The numbers are impressive, but if you zoom in, you’ll see another side: over the past six months, stablecoin growth has started to faintly show the outline of a plateau. This doesn’t mean the market has lost its room for imagination; it means the logic that supported the scale expansion of the past few years is quietly approaching its own limits.

This means stablecoins need a new story—not just a new use case, but a deeper shift in their underlying attributes. If payment scenarios are no longer just about trading, and if the initiator is no longer only human, what role will stablecoins play?

I. A Stuck Ceiling: What Changes and What Doesn’t

Stablecoins aren’t the first asset class to reach a crossroads like this.

From USDT to USDC, and then to the various newer types of stablecoins, previous rounds of expansion were almost always accompanied by several familiar scenarios: higher overall market trading volumes, stronger DeFi activity, greater cross-chain liquidity, and broader global remittance demand.

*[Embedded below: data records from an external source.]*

-- ===== src/Router/Sticky.antt =====
-- Sticky routing over time: what other conversations do leaves a prefix's tie alone.
use llama_net.Prelude.{
  ℕ, ◌+◌, ◌≤◌, ◌≡◌, ◌≢◌, inl, inr, sym, ◌∙◌, ap, subst, false, Option, none, some, List, [], ◌∷◌,
  String, str_eq, arith, Bool-cases, eq_iff, All, All-weaken,
}
use llama_net.Prelude.Dict
use llama_net.Prelude.Dict.{Dict}
use llama_net.Prelude.Int.{ℤ}
use llama_net.Router.State.{Node, ModelRouter, affinity_max_age}
use llama_net.Router.Select.{
  expired_keys, cleanup_affinity, context_filter, affinity_node, by_strategy, store_affinity,
  sticky, settle, nonempty, select_from,
}
use llama_net.Router.Affinity.{
  recent_stays, TiedTo, TiedSince, affinity_node-hash, untied, gone, hit, sticky_way, select_ties,
  tied_hit,
}

-- One call of the selection: what it is given, its draw, its three readings of the clock, and the rows
-- that the database gives it.
pub record Selection : Type 0 where
  pub slug : String
  pub strategy : String
  pub prefix : Option String
  pub min_ctx : ℤ
  pub draw : ℕ
  pub swept : ℕ
  pub used : ℕ
  pub tied : ℕ
  pub rows : List Node

unfoldable pub selected : Selection → ModelRouter → Option Node × ModelRouter
unfolding select_from
selected x s =
    select_from x.slug x.strategy x.prefix x.min_ctx x.draw x.swept x.used x.tied x.rows s

unfoldable pub after_selections : List Selection → ModelRouter → ModelRouter
unfolding selected
after_selections [] s = s
after_selections (x ∷ xs) s = after_selections xs (selected x s).1

module _ (p hash : String) (t : ℕ) where
  swept_ties :
      (now : ℕ) (s : ModelRouter)
      → now ≤ t + affinity_max_age
      → TiedTo p hash t s
      → TiedTo p hash t (cleanup_affinity now s)
  unfolding cleanup_affinity
  swept_ties now s le h = record {
    tie = recent_stays now t s.affinity_ttl s.prefix_affinity p h.distinct h.stamp le ∙ h.tie;
    stamp = recent_stays now t s.affinity_ttl s.affinity_ttl p h.distinct h.stamp le ∙ h.stamp;
    distinct = Dict.Distinct-pop_all s.affinity_ttl (expired_keys now s.affinity_ttl) h.distinct;
  }

  other_used :
      (q : String) (now : ℕ) (s : ModelRouter)
      → q ≢ p
      → TiedTo p hash t s
      → TiedTo p hash t (record s { affinity_ttl = Dict.put s.affinity_ttl q now })
  other_used q now s ne h = record {
    tie = h.tie;
    stamp = ground (arith, Dict.get-put s.affinity_ttl q p now, eq_iff q p, ne, h.stamp);
    distinct = Dict.Distinct-put s.affinity_ttl q now h.distinct;
  }

  other_dropped :
      (q : String) (s : ModelRouter)
      → q ≢ p
      → TiedTo p hash t s
      → TiedTo p hash t (record s {
        prefix_affinity = Dict.pop s.prefix_affinity q;
        affinity_ttl = Dict.pop s.affinity_ttl q;
      })
  other_dropped q s ne h = record {
    tie = ground (arith, Dict.get-pop s.prefix_affinity q p, eq_iff q p, ne, h.tie);
    stamp = ground (arith, Dict.get-pop s.affinity_ttl q p, eq_iff q p, ne, h.stamp);
    distinct = Dict.Distinct-pop s.affinity_ttl q h.distinct;
  }

  other_sticky :
      (q : Option String) (c : ℤ) (xs : List Node) (now : ℕ) (s : ModelRouter)
      → q ≢ some p
      → TiedTo p hash t s
      → TiedTo p hash t (sticky q c xs now s).1
  unfolding sticky
  other_sticky none c xs now s ne h = h
  other_sticky (some q) c xs now s ne h =
      let back : (r : Option Node × ModelRouter)
          → sticky (some q) c xs now s ≡ r
          → TiedTo p hash t r.1
          → TiedTo p hash t (sticky (some q) c xs now s).1 =
        λ r e k. subst (λ (x : Option Node × ModelRouter). TiedTo p hash t x.1) (sym e) k in
      let other : q ≢ p = λ e. ne (ap some e) in
      elim (sticky_way q c xs now s) [
        | untied w ↦ back _ w h
        | gone w ↦ back _ w (other_dropped q s other h)
        | hit h' k e r w ↦ back _ w (other_used q now s other h)
      ]

  by_strategy_ties :
      (strategy slug : String) (draw : ℕ) (n : Node) (ns : List Node) (s : ModelRouter)
      → TiedTo p hash t s
      → TiedTo p hash t (by_strategy strategy slug draw n ns s).1
  unfolding by_strategy
  by_strategy_ties strategy slug draw n ns s h = record {
    tie = ground (arith, h.tie);
    stamp = ground (arith, h.stamp);
    distinct = ground (arith, h.distinct);
  }

  other_stored :
      (q : Option String) (o : Option Node) (now : ℕ) (s : ModelRouter)
      → q ≢ some p
      → TiedTo p hash t s
      → TiedTo p hash t (store_affinity q o now s)
  unfolding store_affinity
  other_stored none o now s ne h = h
  other_stored (some q) none now s ne h = h
  other_stored (some q) (some n) now s ne h =
      let other : q ≢ p = λ e. ne (ap some e) in
      let used = other_used q now s other h in
      record {
        tie =
            ground
              (arith, Dict.get-put s.prefix_affinity q p n.node_hash, eq_iff q p, other, h.tie);
        stamp = used.stamp;
        distinct = used.distinct;
      }

  other_settled :
      (o : Option Node) (q : Option String) (strategy slug : String) (draw now : ℕ) (xs : List Node)
      (s : ModelRouter)
      → q ≢ some p
      → TiedTo p hash t s
      → TiedTo p hash t (settle o q strategy slug draw now xs s).1
  other_settled (some m) q strategy slug draw now xs s ne h = h
  other_settled none q strategy slug draw now [] s ne h = h
  other_settled none q strategy slug draw now (n ∷ ns) s ne h =
      let r = by_strategy strategy slug draw n ns s in
      other_stored q r.0 now r.1 ne (by_strategy_ties strategy slug draw n ns s h)

  nonempty_other : (q : Option String) → q ≢ some p → nonempty q ≢ some p
  nonempty_other none ne = ne
  nonempty_other (some q) ne = elim (Bool-cases (str_eq q "")) [
    | inl e ↦ λ h. absurd (ground (arith, h, e))
    | inr e ↦ rw e ne
  ]

  picked_keeps :
      (slug strategy : String) (q : Option String) (c : ℤ) (draw swept used tied : ℕ)
      (xs : List Node) (s : ModelRouter)
      → q ≢ some p
      → swept ≤ t + affinity_max_age
      → TiedTo p hash t s
      → TiedTo p hash t (select_from slug strategy q c draw swept used tied xs s).1
  unfolding select_from
  picked_keeps slug strategy q c draw swept used tied [] s ne le h = swept_ties swept s le h
  picked_keeps slug strategy q c draw swept used tied (n ∷ ns) s ne le h =
      let nodes = context_filter c (n ∷ ns) in
      let s0 = cleanup_affinity swept s in
      let other = nonempty_other q ne in
      let r = sticky (nonempty q) c nodes used s0 in
      other_settled r.0 (nonempty q) strategy slug draw tied nodes r.1 other
        (other_sticky (nonempty q) c nodes used s0 other (swept_ties swept s le h))

  -- Selections for other prefixes, or for none, keep the tie.
  selections_keep :
      (xs : List Selection) (s : ModelRouter)
      → All (λ x. (x.prefix ≢ some p) × (x.swept ≤ t + affinity_max_age)) xs
      → TiedTo p hash t s
      → TiedTo p hash t (after_selections xs s)
  unfolding after_selections selected
  selections_keep [] s ok h = h
  selections_keep (x ∷ xs) s ok h = selections_keep xs (selected x s).1 ok.1 (
      picked_keeps x.slug x.strategy x.prefix x.min_ctx x.draw x.swept x.used x.tied x.rows s ok.0.0
        ok.0.1 h)

-- A selection of another conversation, made within half an hour of both times.
pub record Elsewhere (p : String) (used tied : ℕ) (x : Selection) : Type 0 where
  pub other : x.prefix ≢ some p
  pub soon_used : x.swept ≤ used + affinity_max_age
  pub soon_tied : x.swept ≤ tied + affinity_max_age

-- A prefix keeps its node: if a request with a prefix hash selected the node m, and the selections
-- after it are for other prefixes or for none, any number of them, then within half an hour of the
-- first one a request with the same hash selects the node of m's hash, whatever its strategy and
-- whatever the loads have become, as long as that node is among the rows that pass the context filter
-- and its own context will do.
pub sticky_reuse :
    (x : Selection) (p : String) (s : ModelRouter) (m : Node) (between : List Selection)
    (slug strategy : String) (c : ℤ) (draw swept used tied : ℕ) (n : Node) (ns : List Node)
    (m' : Node)
    → Dict.Distinct s.affinity_ttl
    → p ≢ ""
    → x.prefix ≡ some p
    → (selected x s).0 ≡ some m
    → All (Elsewhere p x.used x.tied) between
    → swept ≤ x.used + affinity_max_age
    → swept ≤ x.tied + affinity_max_age
    → affinity_node c m.node_hash (context_filter c (n ∷ ns)) ≡ some m'
    → (m'.node_hash ≡ m.node_hash)
      × ((select_from slug strategy
            (some p)
            c
            draw
            swept
            used
            tied
            (n ∷ ns)
            (after_selections between (selected x s).1)).0
          ≡ some m')
unfolding selected
sticky_reuse x p s m between slug strategy c draw swept used tied n ns m' h ne e0 e far le le' a = (
  affinity_node-hash c m.node_hash (context_filter c (n ∷ ns)) m' a,
  let s1 = (selected x s).1 in
      let first : TiedSince p m.node_hash x.used x.tied s1 =
        subst
          (λ q.
            TiedSince p m.node_hash x.used x.tied
              (select_from x.slug x.strategy q x.min_ctx x.draw x.swept x.used x.tied x.rows s).1)
          (sym e0)
          (select_ties x.slug x.strategy p x.min_ctx x.draw x.swept x.used x.tied x.rows s m h ne' (
            subst
              (λ q.
                (select_from x.slug x.strategy q x.min_ctx x.draw x.swept x.used x.tied x.rows s).0
                ≡ some m)
              e0 e)) in
      elim first [
        | inl t ↦ again x.used le (
            selections_keep p m.node_hash x.used between s1
              (All-weaken (Elsewhere p x.used x.tied) _ between (λ y k. (k.other, k.soon_used)) far)
              t)
        | inr t ↦ again x.tied le' (
            selections_keep p m.node_hash x.tied between s1
              (All-weaken (Elsewhere p x.used x.tied) _ between (λ y k. (k.other, k.soon_tied)) far)
              t)
      ],
)
  where
    ne' : str_eq p "" ≡ false
    ne' = ground (arith, eq_iff p "", ne)

    again :
        (t : ℕ)
        → swept ≤ t + affinity_max_age
        → TiedTo p m.node_hash t (after_selections between (selected x s).1)
        → (select_from slug strategy
            (some p)
            c
            draw
            swept
            used
            tied
            (n ∷ ns)
            (after_selections between (selected x s).1)).0
          ≡ some m'
    again t soon k =
        tied_hit slug strategy p m.node_hash c draw swept used tied t n ns
          (after_selections between (selected x s).1) m' k ne' soon a
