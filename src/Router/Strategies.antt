-- ===== src/Router/Strategies.antt =====
-- What the strategies of the router promise.
use native.Mathlib.Nat.{mod-add-mod, add-zero}
use llama_net.Prelude.{
  ℕ, zero, suc, ◌+◌, ◌%◌, ◌≤◌, ◌≡◌, refl, sym, ◌∙◌, ap, Bool, List, [], ◌∷◌, String, arith, ltb,
  length, get_elem?, All, Bool-cases, inl, inr, if◌then◌else◌,
}
use text.Mathlib.TextPositions.{eq_refl}
use llama_net.Prelude.Dict
use llama_net.Router.State.{Node, ModelRouter}
use llama_net.Router.Select.{least_loaded, by_strategy}

least-le-best : (b : Node) (xs : List Node) → (least_loaded b xs).load ≤ b.load
unfolding least_loaded
least-le-best b [] = omega arith
least-le-best b (x ∷ xs) = ground (arith, least-le-best b xs, least-le-best x xs)

least_bound :
    (b : Node) (xs : List Node) (r : ℕ)
    → r ≡ (least_loaded b xs).load
    → All (λ m. r ≤ m.load) (b ∷ xs)
unfolding least_loaded
least_bound b [] r e = (omega arith, tt)
least_bound b (x ∷ xs) r e = elim (Bool-cases (ltb x.load b.load)) [
  | inl t ↦
      let h =
        least_bound x xs r (e ∙ ap (λ (c : Bool). (least_loaded (if c then x else b) xs).load) t) in
      (ground (arith, h.0), h)
  | inr f ↦
      let h =
        least_bound b xs r (e ∙ ap (λ (c : Bool). (least_loaded (if c then x else b) xs).load) f) in
      (h.0, (ground (arith, h.0), h.1))
]

-- Load balancing picks a row whose load is at most that of every row.
pub least_loaded-le :
    (b : Node) (xs : List Node) → All (λ m. (least_loaded b xs).load ≤ m.load) (b ∷ xs)
least_loaded-le b xs = least_bound b xs (least_loaded b xs).load refl

module _ (slug : String) (draw : ℕ) (n : Node) (ns : List Node) where
  -- The router after k selections by "round_robin" from the same rows.
  pub after_turns : ℕ → ModelRouter → ModelRouter
  after_turns zero s = s
  after_turns (suc k) s = (by_strategy "round_robin" slug draw n ns (after_turns k s)).1

  turn : ModelRouter → ℕ
  turn s = Dict.get_or s.rr_index slug 0

  turn-after :
      (s : ModelRouter)
      → turn (by_strategy "round_robin" slug draw n ns s).1 ≡ turn s % length (n ∷ ns) + 1
  unfolding by_strategy turn
  turn-after s =
      Dict.get_or-put s.rr_index slug slug (Dict.get_or s.rr_index slug 0 % length (n ∷ ns) + 1) 0
      ∙ rw eq_refl refl

  turn-after_turns :
      (k : ℕ) (s : ModelRouter)
      → turn (after_turns k s) % length (n ∷ ns) ≡ (turn s + k) % length (n ∷ ns)
  unfolding after_turns
  turn-after_turns zero s = ap (λ x. x % length (n ∷ ns)) (sym (add-zero (turn s)))
  turn-after_turns (suc k) s =
      let l = length (n ∷ ns) in
      ap (λ x. x % l) (turn-after (after_turns k s))
      ∙ (ap (λ x. (x + 1) % l) (turn-after_turns k s)
          ∙ (mod-add-mod (turn s + k) l 1 ∙ ap (λ x. x % l) (omega arith)))

  -- Round robin takes the rows in turn: from any router, the selection after k others is the row k
  -- places on, modulo their number, from where the router's counter stands.
  pub round_robin_turns :
      (k : ℕ) (s : ModelRouter)
      → (by_strategy "round_robin" slug draw n ns (after_turns k s)).0
        ≡ get_elem? (n ∷ ns) ((Dict.get_or s.rr_index slug 0 + k) % length (n ∷ ns))
  unfolding by_strategy turn
  round_robin_turns k s = ap (get_elem? (n ∷ ns)) (turn-after_turns k s)
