-- ===== src/Router/Tests.antt =====
-- Runs of gateway/router.py, and its theorems at concrete inputs.
use llama_net.Prelude.{
  some_inj, ℕ, ◌≡◌, ◌≢◌, refl, sym, ◌∙◌, subst, eq_iff, if◌then◌else◌, Option, none, some, All,
  List, [], ◌∷◌, String, str_eq, arith,
}
use llama_net.Prelude.Dict
use llama_net.Prelude.Dict.{Distinct}
use llama_net.Prelude.Int.{pos, ◌≤ℤ◌, ◌+ℤ◌, ◌*ℤ◌}
use llama_net.Json
use llama_net.Json.{str, int, arr, obj, nil, cons, Fields, end, field}
use llama_net.Router.State.{Node, ModelRouter, new_router, record_tokens, World, answer}
use llama_net.Router.Select.{expired_keys, select_from, context_filter, affinity_node}
use llama_net.Router.Selection.{Suits, select-Suits}
use llama_net.Router.Sticky.{Selection, selected, after_selections, Elsewhere, sticky_reuse}
use llama_net.Router.Budget.{
  check_token_budget, estimate_input_tokens, check_compute_budget, record_compute_usage,
  acquire_key_slot, release_key_slot, key_hash, estimate_request_cost,
}
use llama_net.Router.Route.{
  object, track_response_tokens, chat, Cost, request_cost, request_plan, forward_request,
  route_planned, route_held, route,
}
use llama_net.Router.Slots.{inflight, route_returns_slot}
use llama_net.Router.Interleaving.{Gateway, take_slot, here, next, Accounted, slots_bounded}
use llama_net.Router.Spending.{Solvent, route_keeps_budget}

abbrev small_node : Node
small_node = record {
  node_hash = "a";
  url = "http://a/";
  ctx_length = 2048;
  model_name = "llama-7b";
  load = 7;
}

abbrev large_node : Node
large_node = record {
  node_hash = "b";
  url = "http://b";
  ctx_length = 8192;
  model_name = "llama-7b";
  load = 9;
}

-- One slot for a key, and 1000.00 compute units an hour.
abbrev started : ModelRouter
unfolding new_router
started = new_router 1 (pos 100000)

abbrev reply : Fields
reply = field "usage" (obj (field "total_tokens" (int (pos 12)) end)) end

abbrev world : World
world = record {
  sha256 = λ s. s;
  render = λ v. "";
  lower = λ s. s;
  text = λ s. "llama-7b";
  nodes = λ slug. small_node ∷ large_node ∷ [];
  tokens_consumed = λ h. 0;
  daily_token_budget = 1000;
  node_token = λ h. none;
  post = λ url body token. answer 200 reply;
  draw = 0;
}

-- A chat of one message, which may take 4000 tokens of a 7b model: 80.00 units.
abbrev asked : Fields
asked = field "model" (str "llama-7b") (
    field "max_tokens" (int (pos 4000)) (
      field "messages"
        (arr (cons (obj (field "role" (str "user") (field "content" (str "hello") end))) nil)) end))

cost_of_asked :
    request_cost world asked
    ≡ some (record { model = "llama-7b"; max_tokens = pos 4000; units = pos 8000 })
unfolding request_cost Json.get Json.as_int estimate_request_cost ◌*ℤ◌
cost_of_asked = refl

cost_not_negative : (c : Cost) → request_cost world asked ≡ some c → pos 0 ≤ℤ c.units
cost_not_negative c q =
    let e = some_inj (sym cost_of_asked ∙ q) in
    subst (λ (x : Cost). pos 0 ≤ℤ x.units) e (omega arith)

clock : ℕ → ℕ
clock i = i

-- Of two nodes for a request of 4257 tokens, the one with the longer context.
fitting :
    (select_from "llama-7b" "load_balanced" none
      (pos 4257)
      0
      0
      0
      0
      (small_node ∷ large_node ∷ [])
      started).0
    ≡ some large_node
unfolding select_from
fitting = refl

select-Suits_example :
    ((select_from "llama-7b" "load_balanced" none (pos 4257) 0 0 0 0 [] started).0 ≡ none)
    × ((n : Node) (ns : List Node)
        → (m : Node) × ((select_from "llama-7b" "load_balanced" none
              (pos 4257)
              0
              0
              0
              0
              (n ∷ ns)
              started).0
            ≡ some m)
          × Suits (pos 4257) (n ∷ ns) m)
select-Suits_example = select-Suits "llama-7b" "load_balanced" none (pos 4257) 0 0 0 0 started

abbrev first_selection : Selection
first_selection = record {
  slug = "llama-7b";
  strategy = "load_balanced";
  prefix = some "p";
  min_ctx = pos 300;
  draw = 0;
  swept = 0;
  used = 0;
  tied = 0;
  rows = small_node ∷ large_node ∷ [];
}

-- Another conversation, and a request without one.
abbrev others : List Selection
others =
    record first_selection { prefix = some "q"; swept = 500; used = 500; tied = 500 }
    ∷ record first_selection { prefix = none; swept = 600; used = 600; tied = 600 }
    ∷ []

tied_before : (selected first_selection started).0 ≡ some small_node
unfolding selected select_from Dict.get Dict.pop_all expired_keys started
tied_before = refl

-- Its load has become the higher one.
abbrev busy_node : Node
busy_node = record small_node { load = 20 }

still_among :
    affinity_node (pos 300) "a" (context_filter (pos 300) (large_node ∷ busy_node ∷ []))
    ≡ some busy_node
unfolding affinity_node context_filter
still_among = refl

p_not_empty : ◌≢◌ {A = String} "p" ""
p_not_empty e = absurd (ground (arith, eq_iff "p" "", e))

other_prefix : ◌≢◌ {A = Option String} (some "q") (some "p")
other_prefix e = absurd (ground (arith, eq_iff "q" "p", some_inj e))

no_prefix : ◌≢◌ {A = Option String} none (some "p")
no_prefix e = absurd (ground (arith, e))

others-Elsewhere : All (Elsewhere "p" 0 0) others
others-Elsewhere = (
  record { other = other_prefix; soon_used = omega arith; soon_tied = omega arith },
  (record { other = no_prefix; soon_used = omega arith; soon_tied = omega arith }, tt),
)

sticky_reuse_example :
    (◌≡◌ {A = String} "a" "a")
    × ((select_from "llama-7b" "random"
          (some "p")
          (pos 300)
          0
          1000
          1000
          1000
          (large_node ∷ busy_node ∷ [])
          (after_selections others (selected first_selection started).1)).0
        ≡ some busy_node)
unfolding started
sticky_reuse_example =
    sticky_reuse first_selection "p" started small_node others "llama-7b" "random" (pos 300) 0 1000
      1000 1000 large_node (busy_node ∷ []) busy_node tt p_not_empty refl tied_before
      others-Elsewhere (omega arith) (omega arith) still_among

route_returns_slot_example :
    inflight (route world clock chat (some "ln-1") (object asked) started).1 "ln-1"
    ≡ inflight started "ln-1"
route_returns_slot_example =
    route_returns_slot world clock chat (some "ln-1") (object asked) started "ln-1"

nothing_spent : Solvent (pos 100000) 0 started
unfolding Dict.get started
nothing_spent = record { same_budget = refl; entries = λ h e q. absurd (cc) }

route_keeps_budget_example :
    Solvent (pos 100000) 4 (route world clock chat (some "ln-1") (object asked) started).1
unfolding clock
route_keeps_budget_example =
    route_keeps_budget world clock chat (pos 100000) (omega arith) (some "ln-1") asked started
      cost_not_negative nothing_spent

abbrev idle_gateway : Gateway
idle_gateway = record { router = started; holding = λ k. 0 }

abbrev one_held : ModelRouter
one_held = record started { key_inflight = ("ln-1", 1) ∷ [] }

slots_bounded_example :
    Accounted 1 (record { router = one_held; holding = λ k. if str_eq "ln-1" k then 1 else 0 })
unfolding acquire_key_slot Dict.get Dict.put started
slots_bounded_example =
    slots_bounded {g = idle_gateway} refl (λ k. refl)
      (next here (take_slot idle_gateway "ln-1" one_held refl))

-- The whole handler: the answer of the longer node, the tokens written, and the cost on record.
asked_long :
    let (r, s, writes) = route world clock chat (some "ln-1") (object asked) started in
    (s.key_hourly_compute ≡ ("ln-1", record { hour = 0; used = pos 8000 }) ∷ [])
    × (writes ≡ record_tokens "ln-1" (int (pos 12)) ∷ [])
unfolding Json.get Json.without Json.as_int Json.as_number Json.truthy estimate_request_cost
    request_cost request_plan forward_request route_planned route_held route acquire_key_slot
    release_key_slot check_compute_budget record_compute_usage key_hash select_from clock started
    check_token_budget estimate_input_tokens track_response_tokens ◌*ℤ◌ ◌+ℤ◌ Dict.get Dict.put
asked_long = (refl, refl)
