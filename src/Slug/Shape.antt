-- ===== src/Slug/Shape.antt =====
-- The form of a slug: words of [a-z0-9] with single dashes between them.
use llama_net.Prelude.{
  ℕ, ◌≡◌, refl, Bool, true, false, not, ◌&&◌, List, [], ◌∷◌, arith, ◌==◌, ◌⊎◌, inl, inr,
  if◌then◌else◌, Bool-cases,
}
use llama_net.Prelude.Codes.{drop_while, drop_end, strip_with}
use llama_net.Prelude.Text.{is_space}
use llama_net.Slug.{dash, is_word, sub_runs, model_name_to_slug}

-- The flag says that the character before is a dash, or that the text starts here.
abbrev tidy : Bool → List ℕ → Bool
tidy d [] = not d
tidy d (c ∷ s) = if is_word c then tidy false s else ((c == dash) && not d && tidy true s)

abbrev pub IsSlug : List ℕ → Type 0
IsSlug s = (s ≡ []) ⊎ (tidy true s ≡ true)

-- The same, where a dash may stand at the end.
abbrev loose : Bool → List ℕ → Bool
loose d [] = true
loose d (c ∷ s) = if is_word c then loose false s else ((c == dash) && not d && loose true s)

loose-sub_runs : (d : Bool) (s : List ℕ) → loose d (sub_runs d s) ≡ true
unfolding sub_runs
loose-sub_runs d [] = refl
loose-sub_runs d (c ∷ s) = ground (arith, loose-sub_runs false s, loose-sub_runs true s)

loose-drop_while :
    (d : Bool) (s : List ℕ) → loose d s ≡ true → loose true (drop_while (λ c. c == dash) s) ≡ true
unfolding drop_while is_word
loose-drop_while d [] h = refl
loose-drop_while d (c ∷ s) h = ground (arith, loose-drop_while true s)

tidy-drop_end :
    (d : Bool) (s : List ℕ)
    → loose d s ≡ true
    → (drop_end (λ c. c == dash) s ≡ []) ⊎ (tidy d (drop_end (λ c. c == dash) s) ≡ true)
unfolding drop_end is_word
tidy-drop_end d [] h = inl refl
tidy-drop_end d (c ∷ s) h = ground (arith, tidy-drop_end false s, tidy-drop_end true s)

-- Whatever the name, and whatever `str.lower` does, the slug is empty or a row of words of [a-z0-9]
-- with single dashes between them and none at its ends.
pub model_name_to_slug-IsSlug :
    (lower : List ℕ → List ℕ) (name : List ℕ) → IsSlug (model_name_to_slug lower name)
unfolding model_name_to_slug
model_name_to_slug-IsSlug lower name =
    let raw = sub_runs false (strip_with is_space (lower name)) in
    tidy-drop_end true (drop_while (λ c. c == dash) raw)
      (loose-drop_while false raw (loose-sub_runs false (strip_with is_space (lower name))))

-- No character of a slug is a space, and the others stay where they are.
drop_space-tidy : (d : Bool) (s : List ℕ) → tidy d s ≡ true → drop_while is_space s ≡ s
unfolding drop_while is_word is_space
drop_space-tidy d [] h = refl
drop_space-tidy d (c ∷ s) h = ground arith

tidy_tail : (d : Bool) (c : ℕ) (s : List ℕ) → tidy d (c ∷ s) ≡ true → (e : Bool) × (tidy e s ≡ true)
unfolding is_word
tidy_tail d c s h = elim (Bool-cases (is_word c)) [
  | inl w ↦ (false, ground arith)
  | inr w ↦ (true, ground arith)
]

drop_end_space-tidy : (d : Bool) (s : List ℕ) → tidy d s ≡ true → drop_end is_space s ≡ s
unfolding drop_end is_word is_space
drop_end_space-tidy d [] h = refl
drop_end_space-tidy d (c ∷ []) h = ground arith
drop_end_space-tidy d (c ∷ e ∷ s) h =
    let (f, t) = tidy_tail d c (e ∷ s) h in ground (arith, drop_end_space-tidy f (e ∷ s) t)

sub_runs-tidy : (d : Bool) (s : List ℕ) → tidy d s ≡ true → sub_runs d s ≡ s
unfolding sub_runs is_word
sub_runs-tidy d [] h = refl
sub_runs-tidy d (c ∷ s) h = ground (arith, sub_runs-tidy false s, sub_runs-tidy true s)

sub_runs-tidy_start : (s : List ℕ) → tidy true s ≡ true → sub_runs false s ≡ s
unfolding sub_runs is_word
sub_runs-tidy_start [] h = refl
sub_runs-tidy_start (c ∷ s) h = ground (arith, sub_runs-tidy false s)

drop_dash-tidy : (s : List ℕ) → tidy true s ≡ true → drop_while (λ c. c == dash) s ≡ s
unfolding drop_while is_word
drop_dash-tidy [] h = refl
drop_dash-tidy (c ∷ s) h = ground arith

drop_end-dash-tidy : (d : Bool) (s : List ℕ) → tidy d s ≡ true → drop_end (λ c. c == dash) s ≡ s
unfolding drop_end is_word
drop_end-dash-tidy d [] h = refl
drop_end-dash-tidy d (c ∷ []) h = ground arith
drop_end-dash-tidy d (c ∷ e ∷ s) h =
    let (f, t) = tidy_tail d c (e ∷ s) h in ground (arith, drop_end-dash-tidy f (e ∷ s) t)

slug_of_slug :
    (s : List ℕ)
    → IsSlug s
    → strip_with (λ c. c == dash) (sub_runs false (strip_with is_space s)) ≡ s
unfolding strip_with
slug_of_slug s (inl e) = rw e (unfold sub_runs strip_with in refl)
slug_of_slug s (inr t) = rw (drop_space-tidy true s t) (
    rw (drop_end_space-tidy true s t)
      (rw (sub_runs-tidy_start s t) (rw (drop_dash-tidy s t) (drop_end-dash-tidy true s t))))

-- Where `str.lower` leaves slugs alone, as Python's does, a slug is its own slug: a node registered
-- under the slug of a name is found under the slug of that slug.
pub model_name_to_slug_idem :
    (lower : List ℕ → List ℕ) (name : List ℕ)
    → ((s : List ℕ) → IsSlug s → lower s ≡ s)
    → model_name_to_slug lower (model_name_to_slug lower name) ≡ model_name_to_slug lower name
unfolding model_name_to_slug
model_name_to_slug_idem lower name fixed =
    let g = model_name_to_slug-IsSlug lower name in
    rw (fixed (model_name_to_slug lower name) g) (slug_of_slug (model_name_to_slug lower name) g)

On the surface, stablecoin growth comes from supply-side expansion. Stablecoins have reached crossroads like this before.

But in the past few years, nearly all of these core demands have come from human behavior. Whether it’s order matching and trading in exchanges, collateralized lending and borrowing in DeFi protocols, cross-border transfers and arbitrage routes, or short-term parking of risk-hedging capital—at bottom, everything revolves around “trading.” In other words, the growth of stablecoins in the previous phase was fundamentally driven by “people’s trading demand.”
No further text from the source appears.